Backwards From Back-wards: The Unmet Needs of Recovering Psychiatric Patients in Edmonton

Year Published:  1984
Resource Type:  Article
Cx Number:  CX3005

Abstract: 
Reacting to an enormous increase in ex-psychiatric paitents among its clients, Boyle Street Co-op, an Edmonton street-front agency, conducted research into Alberta's mental health care services and the situaiton of the "deinstitutionalized." This report is a shortened, "popular" version of the original study written for social services professionals and the government.
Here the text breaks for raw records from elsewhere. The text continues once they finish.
-- ===== src/Routes.antt =====
-- frontend/src/routes/ComprehensiveRoutes.jsx: which screen a path leads to, and the redirects on
-- the way. How a path finds its route is React Router's work: a parameter here.
pub mod Items
pub mod Table
pub mod Screens
pub mod Loops
pub mod Ending
pub mod Links
use hybrid_quantum_cryptogra.Prelude.{
  ℕ, zero, suc, ◌≡◌, Bool, true, false, Option, none, some, List, [], ◌∷◌, ◌++◌, if◌then◌else◌,
}
use hybrid_quantum_cryptogra.Js.{Text, lit, text_eq, to_lower_case}
use hybrid_quantum_cryptogra.Roles.{User, user_role, customer, manager, auditor_clerk, system_admin}
use hybrid_quantum_cryptogra.Session.{Auth}
use hybrid_quantum_cryptogra.ProtectedRoute.{View, verifying, navigate, page, protected_route}
use Items.{Guard, Route, unguarded, guest_only, layout, layout_for}
use Table.{
  public_routes, dashboard_route, customer_routes, manager_routes, auditor_routes, admin_routes,
  remaining_routes,
}

unfoldable pub routes : List Route
unfolding public_routes dashboard_route customer_routes manager_routes auditor_routes admin_routes
    remaining_routes
routes =
    public_routes ++ dashboard_route ++ customer_routes ++ manager_routes ++ auditor_routes
    ++ admin_routes ++ remaining_routes

pub dashboard_of : Text → Text
dashboard_of role =
    if text_eq role customer
    then lit "/customer/dashboard"
    else if text_eq role manager
    then lit "/manager/dashboard"
    else if text_eq role auditor_clerk
    then lit "/auditor/dashboard"
    else if text_eq role system_admin
    then lit "/admin/dashboard"
    else lit "/dashboard"

unfoldable pub get_dashboard_route : Option User → Text
unfolding dashboard_of
get_dashboard_route user = elim (user_role user) [
  | none ↦ lit "/login"
  | some role ↦ dashboard_of (to_lower_case role)
]

-- The first route with exactly this path.
unfoldable pub find_route : List Route → Text → Option Route
find_route [] pathname = none
find_route (r ∷ rs) pathname = if text_eq r.path pathname then some r else find_route rs pathname

-- React Router: it picks a route for every path (the table has a catch-all), and for a path that the
-- table lists, the first route that lists it.
pub record Router : Type 0 where
  pub pick : List Route → Text → Route
  pub pick_listed :
      (table : List Route) (pathname : Text) (r : Route)
      → find_route table pathname ≡ some r
      → pick table pathname ≡ r

-- What is on the screen for a path: nothing yet, a component, the notice that the session is being
-- verified, or a redirect that is about to be followed.
pub data Screen : Type 0 where
  blank : Screen
  notice : Screen
  shows : (component : Text) → Screen
  redirects : (to : Text) → Screen

unfoldable pub screen_of_view : View → Screen → Screen
screen_of_view verifying child = notice
screen_of_view (navigate to reason from) child = redirects to
screen_of_view page child = child

unfoldable pub guarded_screen : Auth → Text → Guard → Text → Screen
unfolding screen_of_view
guarded_screen auth pathname unguarded component = shows component
guarded_screen auth pathname guest_only component =
    if auth.is_authenticated then redirects (get_dashboard_route auth.user) else shows component
guarded_screen auth pathname layout component =
    screen_of_view (protected_route auth [] pathname) (shows component)
guarded_screen auth pathname (layout_for roles) component =
    screen_of_view (protected_route auth [] pathname)
      (screen_of_view (protected_route auth roles pathname) (shows component))

module _ (router : Router) where
  unfoldable pub screen : Auth → Text → Screen
  unfolding guarded_screen
  screen auth pathname =
      let r = router.pick routes pathname in
      if auth.is_verifying_session then blank else guarded_screen auth pathname r.guard r.component

  -- The screen after at most `fuel` redirects; `none` if there are more. Redirects change the path,
  -- and nothing of the state.
  unfoldable pub settle : ℕ → Auth → Text → Option Screen
  settle zero auth pathname = none
  settle (suc fuel) auth pathname = elim (screen auth pathname) [
    | blank ↦ some blank
    | notice ↦ some notice
    | shows component ↦ some (shows component)
    | redirects to ↦ settle fuel auth to
  ]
It presents findings and makes recommendations to the province. Housing emerges as an area of acute need.

After the Blair Report (1969) deinstitutionalization - transferring psychiatric patients from hospitals to the community - has been the official policy in Alberta, as it is in most of Canada. But the ex-hospitalized have minimal financial means and lack personal or material support. Extreme transience is the norm in housing. The average length of stay in any form of accommation is less than four months. Many ex-patients are evicted, more in search of better rooms or re-enter hospital. Without social support they are easy targets for exploitations. Even supportive housing situations are sometimes not available, the report suggests, because of administrative unease about ex-psychiatric patients.
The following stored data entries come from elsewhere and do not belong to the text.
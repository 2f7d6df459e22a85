-- ===== src/Routes/Screens.antt =====
-- The screens of the paths that ComprehensiveRoutes.jsx and ProtectedRoute.jsx redirect to.
use hybrid_quantum_cryptogra.Prelude.{
  ◌≡◌, refl, ◌⊎◌, inl, inr, Bool, true, false, Option, none, some, [], arith, Option-cases, ◌∙◌,
}
use hybrid_quantum_cryptogra.Js.{Text, lit, text_eq, to_lower_case}
use hybrid_quantum_cryptogra.Roles.{User, user_role}
use hybrid_quantum_cryptogra.Session.{Auth}
use hybrid_quantum_cryptogra.ProtectedRoute.{View, verifying, navigate, page, protected_route}
use hybrid_quantum_cryptogra.Routes.Items.{Guard, Route, unguarded, guest_only, layout, layout_for}
use hybrid_quantum_cryptogra.Routes.{
  routes, dashboard_of, get_dashboard_route, find_route, Router, Screen, redirects, guarded_screen,
  screen_of_view, screen,
}

unfoldable pub is_layout : Guard → Bool
is_layout unguarded = false
is_layout guest_only = false
is_layout layout = true
is_layout (layout_for roles) = true

-- The table lists the path, under the dashboard layout.
unfoldable pub under_layout : Text → Bool
unfolding is_layout
under_layout pathname = elim (find_route routes pathname) [
  | none ↦ false
  | some r ↦ is_layout r.guard
]

pub login_listed :
    find_route routes (lit "/login")
    ≡ some (record { path = lit "/login"; guard = guest_only; component = lit "Login" })
unfolding find_route routes text_eq lit
login_listed = refl

pub unauthorized_listed :
    find_route routes (lit "/unauthorized")
    ≡ some (record {
      path = lit "/unauthorized";
      guard = layout;
      component = lit "Unauthorized Access";
    })
unfolding find_route routes text_eq lit
unauthorized_listed = refl

dashboards_under_layout :
    (under_layout (lit "/customer/dashboard") ≡ true)
    × (under_layout (lit "/manager/dashboard") ≡ true)
    × (under_layout (lit "/auditor/dashboard") ≡ true)
    × (under_layout (lit "/admin/dashboard") ≡ true)
    × (under_layout (lit "/dashboard") ≡ true)
unfolding under_layout find_route routes text_eq lit is_layout
dashboards_under_layout = (refl, refl, refl, refl, refl)

pub unauthorized_under_layout : under_layout (lit "/unauthorized") ≡ true
unfolding under_layout find_route routes text_eq lit is_layout
unauthorized_under_layout = refl

pub dashboard_of-under_layout : (role : Text) → under_layout (dashboard_of role) ≡ true
unfolding dashboard_of
dashboard_of-under_layout role = ground (arith, dashboards_under_layout)

pub get_dashboard_route-cases :
    (user : Option User)
    → (get_dashboard_route user ≡ lit "/login") ⊎ (under_layout (get_dashboard_route user) ≡ true)
unfolding get_dashboard_route
get_dashboard_route-cases user = elim (Option-cases (user_role user)) [
  | inl e ↦ inl (rw (e, get_dashboard_route))
  | inr (role, e) ↦
      inr (rw (e, get_dashboard_route) (dashboard_of-under_layout (to_lower_case role)))
]

unfoldable pub target : View → Option Text
target verifying = none
target (navigate to reason from) = some to
target page = none

pub target_screen :
    (view : View) (child : Screen) {to : Text}
    → target view ≡ some to
    → screen_of_view view child ≡ redirects to
unfolding target screen_of_view
target_screen verifying child h = cc
target_screen (navigate to reason from) child h = cc
target_screen page child h = cc

module _ (router : Router) (auth : Auth) (settled : auth.is_verifying_session ≡ false) where
  pub screen_settled :
      (pathname : Text)
      → let r = router.pick routes pathname in
        screen router auth pathname ≡ guarded_screen auth pathname r.guard r.component
  unfolding screen
  screen_settled pathname = ground arith

  pub screen_listed :
      (pathname : Text) (r : Route)
      → find_route routes pathname ≡ some r
      → screen router auth pathname ≡ guarded_screen auth pathname r.guard r.component
  unfolding screen
  screen_listed pathname r e = rw (settled, router.pick_listed routes pathname r e)

  -- A path under the layout leads where the layout's `ProtectedRoute` sends.
  pub screen_refused :
      (pathname to : Text)
      → under_layout pathname ≡ true
      → target (protected_route auth [] pathname) ≡ some to
      → screen router auth pathname ≡ redirects to
  unfolding under_layout guarded_screen is_layout
  screen_refused pathname to under e = elim (Option-cases (find_route routes pathname)) [
    | inl missing ↦ absurd (ground arith)
    | inr (r, found) ↦
        screen_listed pathname r found
        ∙ refused r.guard r.component (rw (found, under_layout) at under)
  ]
    where
      refused :
          (g : Guard) (component : Text)
          → is_layout g ≡ true
          → guarded_screen auth pathname g component ≡ redirects to
      refused unguarded component h = cc
      refused guest_only component h = cc
      refused layout component h = target_screen (protected_route auth [] pathname) _ e
      refused (layout_for roles) component h = target_screen (protected_route auth [] pathname) _ e

  -- A path under the layout has a route with a layout around it.
  pub screen-under_layout :
      (pathname : Text)
      → under_layout pathname ≡ true
      → (r : Route) × (is_layout r.guard ≡ true)
        × (screen router auth pathname ≡ guarded_screen auth pathname r.guard r.component)
  unfolding under_layout
  screen-under_layout pathname under = elim (Option-cases (find_route routes pathname)) [
    | inl missing ↦ absurd (ground arith)
    | inr (r, found) ↦ (r, rw (found, under_layout) at under, screen_listed pathname r found)
  ]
Government should initiate new housing programs open to less motivated chronic patients inappropriate for day-programs, the report urges. But most critical is attention to the overall problems of the deinstitutinalization; the lack of funding for the community support services prescribed by Blair and lack of co-ordination among mental health care agencies. Only through provision of integrated community social support, it argues, could the policy become the positive alternative it was once thought to be.